▶ [Exercise]:
Give only the number of lines below that contain the word "which".

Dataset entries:
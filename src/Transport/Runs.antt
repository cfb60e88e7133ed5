-- ===== src/Transport/Runs.antt =====
-- The runs of a request: which events it adds, with which result.
use snow_cli.Base.{
  append_assoc, append-nil, sym, Option, ◌++◌, ℕ, Text, Result, List, [], refl, ◌∷◌, err, ok, ◌≡◌,
}
use snow_cli.Transport.{
  transport, authentication, observe_session, call, send, observe_session_response_headers, resume,
  with_auth, Action, Response, Client, ClientError, Event, sent, answered, Draft, World, ◌>>=◌,
}
use snow_cli.Origin.{UrlCrate}
use snow_cli.Json.{Value}
use snow_cli.Cookies.{Headers}

-- A computation is understood once its two ends are.
pub bind_cases :
    {S E A B : Type 0} (P : Result (ClientError E) B × Client S → Type 0) (action : Action S E A)
    (next : A → Action S E B) (client : Client S)
    → ((e : ClientError E) → (action client).0 ≡ err e → P (err e, (action client).1))
    → ((a : A) → (action client).0 ≡ ok a → P (next a (action client).1))
    → P ((action >>= next) client)
unfolding ◌>>=◌
bind_cases P action next client on_err on_ok = by_result (action client).0 on_err on_ok
  where
    by_result :
        (result : Result (ClientError _) _)
        → ((e : ClientError _) → result ≡ err e → P (err e, (action client).1))
        → ((a : _) → result ≡ ok a → P (next a (action client).1))
        → P (resume next result (action client).1)
    by_result (err e) on_err on_ok = on_err e refl
    by_result (ok a) on_err on_ok = on_ok a refl

-- A call into the world is understood once both of its answers are.
pub call_cases :
    {S E A B : Type 0} (P : Result (ClientError E) B × Client S → Type 0) (wrap : E → ClientError E)
    (operation : S → Result E A × S) (next : A → Action S E B) (client : Client S)
    → ((e : E)
        → (operation client.world).0 ≡ err e
        → P (err (wrap e), (call wrap operation client).1))
    → ((a : A) → (operation client.world).0 ≡ ok a → P (next a (call wrap operation client).1))
    → P ((call wrap operation >>= next) client)
unfolding ◌>>=◌
call_cases {A = A} P wrap operation next client on_err on_ok =
    by_result (operation client.world).0 on_err on_ok
  where
    by_result :
        (result : Result _ A)
        → ((e : _) → result ≡ err e → P (err (wrap e), (call wrap operation client).1))
        → ((a : A) → result ≡ ok a → P (next a (call wrap operation client).1))
        → P (
            resume next
              (elim result [ err e ↦ err (wrap e) | ok a ↦ ok a ])
              (call wrap operation client).1)
    by_result (err e) on_err on_ok = on_err e refl
    by_result (ok a) on_err on_ok = on_ok a refl

-- So is a result of the world that leaves its state.
result_cases :
    {S E A B : Type 0} (P : Result (ClientError E) B × Client S → Type 0) (wrap : E → ClientError E)
    (result : Result E A) (next : A → Action S E B) (client : Client S)
    → ((e : E) → result ≡ err e → P (err (wrap e), client))
    → ((a : A) → result ≡ ok a → P (next a client))
    → P (resume next (elim result [ err e ↦ err (wrap e) | ok a ↦ ok a ]) client)
result_cases P wrap (err e) next client on_err on_ok = on_err e refl
result_cases P wrap (ok a) next client on_err on_ok = on_ok a refl

-- What a computation does: the state of the world before, the events, the result, the state after.
abbrev pub Course : Type 0 → Type 0 → Type 0 → Type 1
Course S E A = S → List Event → Result (ClientError E) A → S → Type 0

-- A computation goes by a course from the client's world on; the instance and the policy stay.
abbrev pub IsAfter :
    {S E A : Type 0} → Client S → Course S E A → Result (ClientError E) A × Client S → Type 0
IsAfter client Q out =
    (events : List Event) × (out.1.events ≡ client.events ++ events)
    × Q client.world events out.0 out.1.world
    × (out.1.base_url ≡ client.base_url)
    × (out.1.policy ≡ client.policy)

module _ {S E Q : Type 0} (world : World S E Q) where
  -- The request is executed once the authenticator has given its headers.
  abbrev pub executed : S → Q → Result E Response × S
  executed s request = world.execute request (world.authenticate s).1

  -- Then the headers of the response are observed.
  abbrev pub seen : S → Q → Response → Result E (Unit {0}) × S
  seen s request response =
      world.observe_response_headers response.response_headers (executed s request).1

module _ {S E Q : Type 0} (world : World S E Q) (draft : Draft) (extra : List (Text × Text)) where
  -- One pass through the loop's body up to the response's status, from a state of the world. An error
  -- is the one with which a step of it failed.
  pub data Sends (s : S) : List Event → Result (ClientError E) Response → S → Type 0 where
    unauthenticated :
        (e : E)
        → (world.authenticate s).0 ≡ err e
        → Sends s [] (err (authentication e)) (world.authenticate s).1
    unbuilt :
        (auth : List (Text × Text)) (e : E)
        → (world.authenticate s).0 ≡ ok auth
        → world.build (with_auth draft auth extra) ≡ err e
        → Sends s [] (err (transport e)) (world.authenticate s).1
    lost :
        (auth : List (Text × Text)) (request : Q) (e : E)
        → (world.authenticate s).0 ≡ ok auth
        → world.build (with_auth draft auth extra) ≡ ok request
        → (executed world s request).0 ≡ err e
        → Sends s
            (sent (with_auth draft auth extra) ∷ [])
            (err (transport e))
            (executed world s request).1
    unread :
        (auth : List (Text × Text)) (request : Q) (response : Response) (e : E)
        → (world.authenticate s).0 ≡ ok auth
        → world.build (with_auth draft auth extra) ≡ ok request
        → (executed world s request).0 ≡ ok response
        → (seen world s request response).0 ≡ err e
        → Sends s
            (sent (with_auth draft auth extra) ∷ answered response.status ∷ [])
            (err (transport e))
            (seen world s request response).1
    received :
        (auth : List (Text × Text)) (request : Q) (response : Response) (u : Unit {0})
        → (world.authenticate s).0 ≡ ok auth
        → world.build (with_auth draft auth extra) ≡ ok request
        → (executed world s request).0 ≡ ok response
        → (seen world s request response).0 ≡ ok u
        → Sends s
            (sent (with_auth draft auth extra) ∷ answered response.status ∷ [])
            (ok response)
            (seen world s request response).1

module _ {S E Q U N : Type 0} (world : World S E Q) (crate : UrlCrate U)
    (parse_json : Text → Option (Value N)) (parse_http_date : Text → Option ℕ) where
  -- The two ends of `observe_session_response_headers`, of which the session is not looked at.
  observe_cases :
      {B : Type 0} (P : Result (ClientError E) B × Client S → Type 0) (headers : Headers)
      (next : Unit {0} → Action S E B) (client : Client S)
      → (let after = call transport (world.observe_response_headers headers) client in
          ((e : E)
            → (world.observe_response_headers headers client.world).0 ≡ err e
            → P (err (transport e), after.1))
          → ((u : Unit {0})
              → (world.observe_response_headers headers client.world).0 ≡ ok u
              → P (
                  next tt
                    (observe_session world crate parse_json parse_http_date headers after.1).1))
          → P (
              (observe_session_response_headers world crate parse_json parse_http_date headers
                  >>= next)
                client))
  unfolding ◌>>=◌ observe_session_response_headers observe_session
  observe_cases {B} P headers next client on_err on_ok =
      by_result (world.observe_response_headers headers client.world).0 on_err on_ok
    where
      after : Client S
      after = (call {E = E} transport (world.observe_response_headers headers) client).1

      by_result :
          (result : Result E (Unit {0}))
          → ((e : E) → result ≡ err e → P (err (transport e), after))
          → ((u : Unit {0})
              → result ≡ ok u
              → P (
                  next tt (observe_session world crate parse_json parse_http_date headers after).1))
          → (let out =
                resume
                  (λ _. observe_session world crate parse_json parse_http_date headers)
                  (elim result [ err e ↦ err (transport e) | ok u ↦ ok u ])
                  after in
              P (resume next out.0 out.1))
      by_result (err e) on_err on_ok = on_err e refl
      by_result (ok u) on_err on_ok = on_ok u refl

  pub send-Sends :
      (draft : Draft) (extra : List (Text × Text)) (client : Client S)
      → IsAfter client
          (Sends world draft extra)
          (send world crate parse_json parse_http_date draft extra client)
  unfolding send ◌>>=◌ observe_session
  send-Sends draft extra client =
      let after = IsAfter client (Sends world draft extra) in
      call_cases after authentication world.authenticate _ client
        (λ e failed. ([], sym (append-nil client.events), unauthenticated e failed, refl, refl))
        (λ auth allowed.
          result_cases after transport (world.build (with_auth draft auth extra)) _ _
            (λ e failed.
              ([], sym (append-nil client.events), unbuilt auth e allowed failed, refl, refl))
            (λ request built.
              call_cases after transport (world.execute request) _ _
                (λ e failed. (
                  sent (with_auth draft auth extra) ∷ [],
                  refl,
                  lost auth request e allowed built failed,
                  refl,
                  refl,
                ))
                (λ response came.
                  observe_cases after response.response_headers _ _
                    (λ e failed. (
                      sent (with_auth draft auth extra) ∷ answered response.status ∷ [],
                      append_assoc client.events _ _,
                      unread auth request response e allowed built came failed,
                      refl,
                      refl,
                    ))
                    (λ u observed. (
                      sent (with_auth draft auth extra) ∷ answered response.status ∷ [],
                      append_assoc client.events _ _,
                      received auth request response u allowed built came observed,
                      refl,
                      refl,
                    )))))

▶ [Output below]:
3